According to Ubisoft Toronto managing director Jade Raymond, gamer expectations limit innovation in today's industry. Speaking to Official Xbox Magazine UK in a new interview, Raymond claimed that the business has come to a point where gamers expect such high quality in every aspect that developers can only create what is proven to sell. "One of the things I see that's different [about the industry today] is that our audience expects perfection," Raymond said. "Before, there were only, say, two million people playing games--they were real fans and they were playing every game. They were willing to forgive bugs, and try things that weren't as much fun because they were different. Now, there are 30 million people buying and they only buy the top five," she continued. "They expect perfection. I think that growing up with everything being so good, so easy to use, there are certain expectations." And it is these expectations, Raymond says, that have hurt developers' abilities to try new things. "It's not very forgiving," she said. "It does limit innovation, because if something isn't working as you get towards shipping, you have to cut it or revert to back what you know does work."

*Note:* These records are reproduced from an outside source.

-- ===== src/Store/Valid/Claims.antt =====
-- `claim_next_pending` takes the job that comes first among those it may take, and keeps the schema.
use remy_cc.Prelude.{
  ℕ, Bool, true, false, ◌≡◌, ◌⊎◌, refl, Option, none, some, inl, inr, List, arith, Text, text_eq,
  ==_refl, Bool-cases, mem-select_if, unique_of_count,
}
use remy_cc.Host.{Host, Reading}
use remy_cc.Job.{JobRow, pending, running, cancel_requested, status_eq, status_eq→eq}
use remy_cc.Store.Monad.{Store, M, ◌>>=◌, programs, has_id}
use remy_cc.Store.Monad.Steps.{update_jobs-then}
use remy_cc.Store.Submit.{provider_rust}
use remy_cc.Store.Claim.Order.{Claimable, is_claimable_iff, mem-first_by}
use remy_cc.Store.Claim.{
  runs_before, is_claimable, next_claim, query_next, stage_claimed, finish_claim, claim,
  claim_next_pending,
}
use remy_cc.Store.Valid.{checks, provider_ok, IsExecuting, Valid}
use remy_cc.Store.Valid.Calm.{IsCalm, calm-Valid}
use remy_cc.Store.Valid.FullScans.{provider_ok-guard}
use remy_cc.Store.Valid.Transitions.{Admits, transition_job-Valid}
use remy_cc.Store.Valid.Rules.{
  bind-keeps, lift-keeps, transaction-keeps, load-keeps, return-keeps, throw-keeps,
}

-- The row that is claimed may be claimed.
pub next_claim-Claimable :
    (jobs : List JobRow) {r : JobRow} → next_claim jobs ≡ some r → Claimable jobs r
next_claim-Claimable jobs {r} h =
    let (m, ok_row) = (mem-select_if (is_claimable jobs) jobs r).0 (mem-first_by runs_before _ h) in
    (is_claimable_iff jobs r m).0 ok_row

stage_claimed-IsCalm : (provider : Text) → IsCalm (stage_claimed provider)
stage_claimed-IsCalm provider = record {
  keys = record { keeps = λ r. (refl, (refl, refl, refl)) };
  status = λ r. refl;
  successor = λ r. refl;
}

executing_cases :
    (y : JobRow) → IsExecuting y → (y.status ≡ running) ⊎ (y.status ≡ cancel_requested)
executing_cases y busy = elim (Bool-cases (status_eq y.status running)) [
  | inl t ↦ inl (status_eq→eq y.status running t)
  | inr f ↦ inr (status_eq→eq y.status cancel_requested (ground arith))
]

module _ (host : Host) (provider : Text) (allowed : provider_ok provider ≡ true) (now : ℕ)
    (s : Store) (v : Valid s) where
  finish_claim-Valid :
      (job_id : ℕ) (moved : Bool) → Valid (finish_claim host provider job_id moved s).1
  unfolding finish_claim checks
  finish_claim-Valid job_id false = (throw-keeps Valid _ s v).left
  finish_claim-Valid job_id true =
      let v' =
        calm-Valid s (has_id job_id) (stage_claimed provider) (stage_claimed-IsCalm provider) v
          (λ r m h c. ground arith) in
      rw update_jobs-then
        (load-keeps Valid host job_id _ _ v' (λ job r f h. return-keeps Valid _ _ v')).left

  -- No other job of the key is executing, so the job may.
  Claimable-Admits : (r : JobRow) → Claimable s.jobs r → Admits s r.id running none
  Claimable-Admits r c = record {
    queue = λ e. cc;
    run = λ _ x y mx my e busy key.
        let same =
          unique_of_count (has_id r.id) s.jobs (v.job_ids r.id) mx c.member (rw e (==_refl r.id))
            (==_refl r.id) in
        absurd (c.unlocked y my (executing_cases y busy) (rw same at key));
    supersede = λ e. cc;
  }

pub query_next-bind :
    {B : Type 0} (s : Store) (f : Option JobRow → M B)
    → (query_next >>= f) s ≡ f (next_claim s.jobs) s
unfolding query_next programs
query_next-bind s f = refl

module _ (host : Host) (provider : Text) (s : Store) (v : Valid s) where
  claim-Valid :
      provider_ok provider ≡ true
      → (now : ℕ) (r : Option JobRow) → next_claim s.jobs ≡ r
      → Valid (claim host provider now r s).1
  unfolding claim
  claim-Valid allowed now none e = (return-keeps Valid _ s v).left
  claim-Valid allowed now (some r) e =
      let v' =
        transition_job-Valid s v r.id pending running now none
          (Claimable-Admits host provider allowed now s v r (next_claim-Claimable s.jobs e)) in
      (bind-keeps Valid _ _ s v' (λ moved _. record {
        left = finish_claim-Valid host provider allowed now _ v' r.id moved;
      })).left

  -- `claim_next_pending` keeps the schema, on every branch.
  pub claim_next_pending-Valid :
      (clock : Reading) → Valid (claim_next_pending host clock provider s).1
  unfolding claim_next_pending
  claim_next_pending-Valid clock = elim (Bool-cases (text_eq provider provider_rust)) [
    | inl t ↦
        rw t
          (lift-keeps Valid _ _ s v (λ now _. transaction-keeps Valid _ s v (record {
            left = rw query_next-bind (claim-Valid (provider_ok-guard provider t) now _ refl);
          }))).left
    | inr t ↦ rw t (throw-keeps Valid _ s v).left
  ]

"I think there's a subtle racism in the business, especially on the journalists' side, where Japanese developers are forgiven for doing what they do." - Alex Hutchinson

So, remember that when you get to the boring bit halfway through Darksiders II this weekend, OK? It's actually your fault that it goes through a bit of a lull, because your expectations are just too damn high.

On the subject of Ubisoft developers complaining about stuff, Assassin's Creed III creative director Alex Hutchinson has taken a shot at Japanese games and those who critique them. Speaking to CVG, the developer claimed the narratives in Japanese games often leave something to be desired, and reviewers give these games a free pass. "Just think about how many Japanese games are released where their stories are literally gibberish," he said. "There's no way you could write it with a straight face, and the journalists say, 'Oh it is brilliant'. Then Gears of War comes out and apparently it's the worst written narrative in a game ever. I'll take Gears of War over Bayonetta any time." Hutchinson's remarks came as a response to a question regarding how Nintendo is able to release new iterations of long-running franchises every year without drawing much criticism. To this, Hutchinson remarked, "I think there's a subtle racism in the business, especially on the journalists' side, where Japanese developers are forgiven for doing what they do. I think it's condescending to do this."